By Gus Alvarez 08/02/11

The Viral Factory is an award-winning viral marketing agency, with clients including Samsung, Diesel, Trojan, Skype and Paramount. Established in 2001 by Matt Smith and Ed Robinson, to date their campaigns have had 1.5 billion views. Gus Alvarez talks to Head of Production Jon Stopp about his career and what makes a great viral campaign…

I’d been working as a production manager and had become a bit jaded with traditional advertising.

It was fun to learn, but not as much fun to execute. The process seemed long, boring, locked down. I’d seen some great viral films, and they all seemed to be coming out of the same company.

It was clear that this type of digital advertising was growing. I kept hassling The Viral Factory to give me a job and in 2004 they finally did. I joined as a producer and was made Head of Production 18 months later.

Viral is something that happens rather than something that is. Only when something spreads does it become viral. Basically, it’s a multiplication – I tell one person, they tell four people etc. It’s a spread.

Great viral campaigns should entertain, engage and elicit a positive response, on a global level if possible. TV is a passive medium. Online, you’re watching because you want to and often you can choose to comment on it, positively or negatively. We want our audience to enjoy and engage with our films, post them on Twitter, Facebook, blogs. That’s when the spread begins.

The internet isn’t just something we do when we come to work. We live and breathe it. That’s why we’re here. We love how it’s changing the world. The internet belongs to the audience. It’s their space, and we respect that.

They don’t have to watch what you put out and they don’t have to like it. And they can feed back really quickly if they don’t. Virals can backfire. If you wade into someone’s space in a way that is not appropriate then you can really put your foot in it!

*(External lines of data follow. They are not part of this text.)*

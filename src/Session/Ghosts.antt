-- ===== src/Session/Ghosts.antt =====
-- A player that repeats the handshake starts the game a second time, and its first entry in the table
-- of players outlives it (internal/server/mcpe_login_flow.go, mcpe_player_sync.go).
use open_ai_mc_be_server.Prelude.{
  ℕ, ◌+◌, ◌<◌, ◌≤◌, ◌≡◌, Bool, false, some, refl, ap, ◌∙◌, arith, ◌==◌, ==_iff,
}
use open_ai_mc_be_server.Prelude.Dict.{lookup, insert, lookup-insert, lookup-erase}
use open_ai_mc_be_server.Session.State.{
  spawned, await_resource_pack_response, disconnected, Message, login_success, resource_packs_info,
  Server, Client, assign,
}
use open_ai_mc_be_server.Session.Players.{write_packet, remove_player}
use open_ai_mc_be_server.Session.Packets.{
  client_to_server_handshake, resource_pack_client_response, completed, set_state, identity_of,
}
use open_ai_mc_be_server.Session.Handlers.{
  start_game_for, finish_resource_pack_flow, handle_client_to_server_handshake,
  handle_resource_pack_client_response, dispatch, handle_packet,
}
use open_ai_mc_be_server.Session.Writes.{Same, WritesOnly->>, write_packet-WritesOnly}
use open_ai_mc_be_server.Session.Leaving.{remove_player_lem}
use open_ai_mc_be_server.Session.Entering.{started}

module _ (delivers : ℕ → Message → Bool) (current : ℕ) where
  -- The handshake is repeated.
  again :
      (ref : ℕ) (s : Server)
      → Same
          (set_state ref await_resource_pack_response s).1
          (handle_client_to_server_handshake delivers current ref s).1
  unfolding handle_client_to_server_handshake assign
  again ref s =
      WritesOnly->> (write_packet delivers ref login_success)
        (write_packet delivers ref resource_packs_info)
        (write_packet-WritesOnly delivers ref login_success)
        (write_packet-WritesOnly delivers ref resource_packs_info)
        (set_state ref await_resource_pack_response s).1

  finished :
      (ref : ℕ) (s : Server)
      → (s.clients ref).state ≡ await_resource_pack_response
      → s.has_packs ≡ false
      → handle_packet delivers current ref (resource_pack_client_response completed) s
        ≡ start_game_for delivers current ref s
  unfolding handle_packet dispatch handle_resource_pack_client_response finish_resource_pack_flow
  finished ref s e f = rw (e, f) refl

  repeated :
      (ref : ℕ) (s : Server)
      → (s.clients ref).state ≡ spawned
      → handle_packet delivers current ref client_to_server_handshake s
        ≡ handle_client_to_server_handshake delivers current ref s
  unfolding handle_packet dispatch
  repeated ref s e = rw e refl

  again-client :
      (ref : ℕ) (s : Server)
      → ((handle_client_to_server_handshake delivers current ref s).1.clients ref)
        ≡ record (s.clients ref) { state = await_resource_pack_response }
  unfolding assign
  again-client ref s =
      ap (λ (f : ℕ → Client). f ref) (again ref s).same_clients ∙ rw ((==_iff ref ref).1 refl) refl

  again-server :
      (ref : ℕ) (s : Server)
      → let s' = (handle_client_to_server_handshake delivers current ref s).1 in
        (s'.players ≡ s.players) × (s'.next_id ≡ s.next_id) × (s'.has_packs ≡ s.has_packs)
  unfolding assign
  again-server ref s =
      ((again ref s).same_players, (again ref s).same_next_id, (again ref s).same_packs)

  -- The player after both packets.
  abbrev pub restarted : ℕ → Server → Server
  restarted ref s =
      (handle_packet delivers current ref (resource_pack_client_response completed)
        (handle_packet delivers current ref client_to_server_handshake s).1).1

  restarted-table :
      (ref u : ℕ) (s : Server)
      → (s.clients ref).state ≡ spawned
      → s.has_packs ≡ false
      → identity_of (s.clients ref).login ≡ some u
      → s.next_id + 1 < 18446744073709551616
      → ((restarted ref s).players ≡ insert (s.next_id + 1) ref s.players)
        × (((restarted ref s).clients ref).runtime_id ≡ s.next_id + 1)
  restarted-table ref u s st packs e small =
      let s1 = (handle_client_to_server_handshake delivers current ref s).1 in
      let (players, next, same_packs) = again-server ref s in
      let client = again-client ref s in
      let waits : (s1.clients ref).state ≡ await_resource_pack_response =
        ap (λ (c : Client). c.state) client in
      let same_login : identity_of (s1.clients ref).login ≡ some u =
        ap (λ (c : Client). identity_of c.login) client ∙ e in
      let result = started delivers current ref u s1 same_login (rw next small) in
      let same : restarted ref s ≡ (start_game_for delivers current ref s1).1 =
        ap
          (λ r.
            (handle_packet delivers current ref (resource_pack_client_response completed) r.1).1)
          (repeated ref s st)
        ∙ ap (λ r. r.1) (finished ref s1 waits (same_packs ∙ packs)) in
      (
        ap (λ (r : Server). r.players) same ∙ result.0 ∙ rw (players, next) refl,
        ap (λ (r : Server). (r.clients ref).runtime_id) same ∙ result.1 ∙ rw next refl,
      )

  -- On a server with no resource packs whose next runtime id fits 64 bits, a spawned client
  -- whose login names a UUID, and which the table lists under its runtime id, one that was
  -- handed out, sends the handshake and the answer that it has the packs once more. After
  -- `removePlayer` the client is disconnected, and the table still lists it under the runtime
  -- id that it had first, whichever writes fail.
  pub restarted-ghost :
      (ref u : ℕ) (s : Server)
      → (s.clients ref).state ≡ spawned
      → s.has_packs ≡ false
      → identity_of (s.clients ref).login ≡ some u
      → s.next_id + 1 < 18446744073709551616
      → (s.clients ref).runtime_id ≤ s.next_id
      → lookup (s.clients ref).runtime_id s.players ≡ some ref
      → let left = (remove_player delivers ref (restarted ref s)).1 in
        (lookup (s.clients ref).runtime_id left.players ≡ some ref)
        × ((left.clients ref).state ≡ disconnected)
  restarted-ghost ref u s st packs e small le listed =
      let s2 = restarted ref s in
      let (players, id) = restarted-table ref u s st packs e small in
      let own : lookup (s2.clients ref).runtime_id s2.players ≡ some ref =
        rw (id, players)
          (lookup-insert (s.next_id + 1) (s.next_id + 1) ref s.players
            ∙ rw ((==_iff (s.next_id + 1) (s.next_id + 1)).1 refl) refl) in
      let left = remove_player_lem delivers ref s2 (rw id (omega arith)) own in
      let other : (s.next_id + 1 == (s.clients ref).runtime_id) ≡ false = ground arith in
      (
        ap (lookup (s.clients ref).runtime_id) (left.0 ∙ rw (id, players) refl)
            ∙ lookup-erase (s.next_id + 1) (s.clients ref).runtime_id
                (insert (s.next_id + 1) ref s.players)
            ∙ rw other (
                lookup-insert (s.next_id + 1) (s.clients ref).runtime_id ref s.players
                ∙ rw other listed),
        left.1,
      )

Every day hundreds of thousands of videos are uploaded to YouTube – that’s what we’re competing against. But we have a brand attached, and people are suspicious of brands. So we have to be entertaining and a bit different. If you get the tone wrong, the audience can smell a rat.

Traditional advertising is usually shot on film or high-end video. We shoot on whatever the job asks for. If we feel it has to be shot on a phone, then we’ll do it. Some jobs are completely improvised, the only things that would be clear would be the concept and the post elements, and then just let the non-actors [see below] get on with it.

 

 

The Remington campaign [below] was set up as a proper fashion show, we didn’t tell anyone in the audience, and then filmed their reactions. Essentially this was a live event. We only had one go at it.

 

There are other viral successes out there, but we try and do them one after the other. If we don’t get more than a million hits, we’re disappointed. Good numbers for us are three to five million. Once or twice a year we’ll get a plus 10 million. Then we know we’re really onto something!

 

Jon Stopp was talking to Gus Alvarez.